What is expected: Scan the entries for "step". Every line that holds it is to be copied.

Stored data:
⁂

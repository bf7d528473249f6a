-- ===== src/Collaboration/Engine/Rearrangement.antt =====
-- `apply_topology_event` beside the invariant of the engine's states.
use super_scientist_orchestr.Prelude.{
  ℕ, suc, ◌+◌, String, ◌≡◌, refl, sym, ap, ◌∙◌, subst, true, false, ◌&&◌, Option, none, some, List,
  [], ◌∷◌, ◌++◌, arith, if◌then◌else◌, and_right, ◌==◌, ==_iff, nat_eq, string_eq, option_eq,
  list_eq, pair_eq, bool_eq, length, last, before_last, last-append, before_last-append, is_some,
  bind_intro, some_inj,
}
use super_scientist_orchestr.Collaboration.{
  TopologySnapshot, topology_eq, TopologyEvent, CollaborationState, CollaborationSession,
  CollaborationTransitionKind, CollaborationTransition, Platform,
}
use super_scientist_orchestr.Collaboration.Topology.{apply_topology_operation}
use super_scientist_orchestr.Collaboration.Termination.{topology_hashes, churn_count}
use super_scientist_orchestr.Collaboration.Integrity.{
  counts_bind, event_binds, events_bind, history_binds,
}
use super_scientist_orchestr.Collaboration.Integrity.Replay.{replay_kind, replay}
use super_scientist_orchestr.Collaboration.Integrity.Extension.{Extends, replay-append}
use super_scientist_orchestr.Collaboration.Engine.{evaluate_termination, rearranged, is_next_event}
use super_scientist_orchestr.Collaboration.Observation.{with_hashes}
use super_scientist_orchestr.Collaboration.Engine.Progressed.{
  progress_of, event-progress_of, map-append-last, last-map, churn-append,
}
use super_scientist_orchestr.Collaboration.Engine.Retained.{retained_of}
use super_scientist_orchestr.Collaboration.Engine.Counted.{rearranged-counts_bind}
use super_scientist_orchestr.Collaboration.Engine.Exchange.{at_length}
use super_scientist_orchestr.Collaboration.Engine.Replayed.{
  IsReplayed, Within-refl, Within-append, length-grow, sealed, step-observed, observed-at,
}

module _ (platform : Platform) (session : CollaborationSession) where
  events_bind-length :
      (index : ℕ) (before : TopologySnapshot) (history : List TopologySnapshot)
      (events : List TopologyEvent)
      → events_bind platform session index before history events ≡ true
      → length history ≡ length events
  unfolding events_bind
  events_bind-length index before [] [] h = refl
  events_bind-length index before [] (e ∷ events) h = absurd (ground arith)
  events_bind-length index before (x ∷ history) [] h = absurd (ground arith)
  events_bind-length index before (x ∷ history) (e ∷ events) h =
      ap suc (events_bind-length (suc index) x history events (ground arith))

  events_bind-append :
      (index end_index : ℕ) (before current after : TopologySnapshot)
      (history : List TopologySnapshot) (events : List TopologyEvent) (event : TopologyEvent)
      → index + length events ≡ end_index
      → events_bind platform session index before history events ≡ true
      → last (before ∷ history) ≡ some current
      → event_binds platform session end_index current after event ≡ true
      → events_bind platform session index before (history ++ after ∷ []) (events ++ event ∷ [])
        ≡ true
  unfolding events_bind
  events_bind-append index end_index before current after [] [] event e h l b =
      let same : index ≡ end_index = omega arith in rw (same, some_inj l) (ap (λ t. t && true) b)
  events_bind-append index end_index before current after [] (x ∷ events) event e h l b =
      absurd (ground arith)
  events_bind-append index end_index before current after (x ∷ history) [] event e h l b =
      absurd (ground arith)
  events_bind-append index end_index before current after (x ∷ history) (y ∷ events) event e h l b =
      ground (
        arith,
        events_bind-append (suc index) end_index x current after history events event (omega arith)
            (and_right (event_binds platform session index before x y) _ h) l b,
      )

  history_binds-append :
      (history : List TopologySnapshot) (events : List TopologyEvent)
      (current after : TopologySnapshot) (event : TopologyEvent)
      → history_binds platform session history events ≡ true
      → last history ≡ some current
      → event_binds platform session (length events) current after event ≡ true
      → history_binds platform session (history ++ after ∷ []) (events ++ event ∷ []) ≡ true
  unfolding history_binds
  history_binds-append [] events current after event h l b = absurd (ground arith)
  history_binds-append (start ∷ history) events current after event h l b = ground (
    arith,
    events_bind-append 0 (length events) start current after history events event (omega arith)
        (ground arith) l b,
  )

  history_binds-length :
      (history : List TopologySnapshot) (events : List TopologyEvent)
      → history_binds platform session history events ≡ true
      → length history ≡ length events + 1
  unfolding history_binds
  history_binds-length [] events h = absurd (ground arith)
  history_binds-length (start ∷ history) events h =
      let e = events_bind-length 0 start history events (ground arith) in omega arith

-- What the engine checks before a topology event, and the topology behind it.
pub record MayRearrange (platform : Platform) (s : CollaborationState) (event : TopologyEvent)
    (after : TopologySnapshot) : Type 0 where
  pub going : is_some (evaluate_termination platform s) ≡ false
  pub next : is_next_event platform s.session s event ≡ true
  pub applied : apply_topology_operation platform s.session s.topology event ≡ some after
  pub hash : event.after_topology_hash ≡ after.content_hash

module _ (platform : Platform) (s : CollaborationState) (depths : List (String × ℕ))
    (inv : IsReplayed platform s depths) (event : TopologyEvent) (after : TopologySnapshot)
    (may : MayRearrange platform s event after) (hash : String) where
  abbrev s1 : CollaborationState
  s1 = rearranged platform s.session s event after

  abbrev transition : CollaborationTransition
  transition = record {
    position = s.scheduling_position + 1;
    kind = CollaborationTransitionKind.topology_event;
    request_id = none;
    contribution_id = none;
    topology_event_id = some event.event_id;
  }

  abbrev derived : CollaborationState
  derived =
      sealed
        (with_hashes platform s1 (before_last (topology_hashes (s.topology_history ++ after ∷ [])))
          (churn_count (topology_hashes (s.topology_history ++ after ∷ []))) depths)
        hash

  extends : Extends s derived
  unfolding with_hashes rearranged
  extends = record {
    session = refl;
    topology_history = Within-append s.topology_history (after ∷ []);
    topology_events = Within-append s.topology_events (event ∷ []);
    requests = Within-refl s.requests;
    contributions = Within-refl s.contributions;
    usage_history = Within-refl s.usage_history;
    observed_state_hashes = Within-append s.observed_state_hashes _;
    cycle_projection_hashes = Within-append s.cycle_projection_hashes _;
  }

  kind_after :
      replay_kind platform derived transition CollaborationTransitionKind.topology_event
        (progress_of platform s depths)
      ≡ some (progress_of platform s1 depths)
  unfolding with_hashes rearranged progress_of
  kind_after = bind_intro _ (at_length s.topology_events event refl) (
      bind_intro _
        (at_length s.topology_history after (
          sym (
            history_binds-length platform s.session s.topology_history s.topology_events
              inv.parts.history)))
        (event-progress_of platform s transition event after depths refl inv.parts.current))

  positioned : s.scheduling_position + 1 ≡ length s.transitions + 1
  unfolding counts_bind
  positioned = let counts = inv.parts.counts in ground arith

  replayed_after : replay platform derived ≡ some (progress_of platform derived depths)
  unfolding with_hashes rearranged
  replayed_after =
      replay-append platform s derived transition (progress_of platform s depths)
        (progress_of platform derived depths) extends refl inv.replayed
        (step-observed platform s depths inv may.going derived transition
          (progress_of platform s1 depths) (progress_of platform derived depths) refl positioned
          kind_after (observed-at platform s depths inv may.going s1 hash depths refl refl))

  counts_after : counts_bind platform s.session derived ≡ true
  unfolding counts_bind with_hashes
  counts_after = rearranged-counts_bind platform s event after may.next inv.parts.counts

  bound : event_binds platform s.session (length s.topology_events) s.topology after event ≡ true
  unfolding event_binds is_next_event
  bound =
      let next = may.next in
      ground (
        arith,
        may.hash,
        ==_iff event.after_topology_hash after.content_hash,
        ==_iff (apply_topology_operation platform s.session s.topology event) (some after),
      )

  derived-IsReplayed : IsReplayed platform derived depths
  unfolding with_hashes rearranged retained_of
  derived-IsReplayed = record {
    parts = record {
      history =
          history_binds-append platform s.session s.topology_history s.topology_events s.topology
            after event inv.parts.history inv.parts.current bound;
      current = last-append s.topology_history after;
      counts = counts_after;
      completion = inv.parts.completion;
      observations =
          length-grow s.observed_state_hashes s.transitions _ transition inv.parts.observations;
      cycles = length-grow s.cycle_projection_hashes s.transitions _ transition inv.parts.cycles;
    };
    known = inv.known;
    replayed = replayed_after;
    retained = inv.retained;
  }

  -- The state that the engine builds, with any hash.
  abbrev pub after_event : CollaborationState
  after_event =
      sealed
        (with_hashes platform s1 (some s.topology.content_hash)
          (churn_count (topology_hashes s.topology_history)
            + (if before_last (topology_hashes s.topology_history) == some after.content_hash
                then 1
                else 0))
          depths)
        hash

  prior_hash :
      before_last (topology_hashes (s.topology_history ++ after ∷ []))
      ≡ some s.topology.content_hash
  prior_hash =
      ap before_last (map-append-last (λ h. h.content_hash) s.topology_history after)
      ∙ before_last-append (topology_hashes s.topology_history) after.content_hash
      ∙ last-map platform (λ h. h.content_hash) s.topology_history inv.parts.current

  churned :
      churn_count (topology_hashes (s.topology_history ++ after ∷ []))
      ≡ churn_count (topology_hashes s.topology_history)
        + (if before_last (topology_hashes s.topology_history) == some after.content_hash
            then 1
            else 0)
  churned =
      ap churn_count (map-append-last (λ h. h.content_hash) s.topology_history after)
      ∙ churn-append platform (topology_hashes s.topology_history) after.content_hash

  -- The event that the engine lets pass leaves a state that its validator lets pass.
  pub after_event-IsReplayed : IsReplayed platform after_event depths
  after_event-IsReplayed =
      subst
        (λ (prior : Option String).
          IsReplayed platform
            (sealed
              (with_hashes platform s1 prior
                (churn_count (topology_hashes s.topology_history)
                  + (if before_last (topology_hashes s.topology_history) == some after.content_hash
                      then 1
                      else 0))
                depths)
              hash)
            depths)
        prior_hash
        (subst
          (λ (churn : ℕ).
            IsReplayed platform
              (sealed
                (with_hashes platform s1
                  (before_last (topology_hashes (s.topology_history ++ after ∷ []))) churn depths)
                hash)
              depths)
          churned derived-IsReplayed)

⁂

Written answer:
  IsReplayed, Within-refl, Within-append, length-grow, sealed, step-observed, observed-at,
        (step-observed platform s depths inv may.going derived transition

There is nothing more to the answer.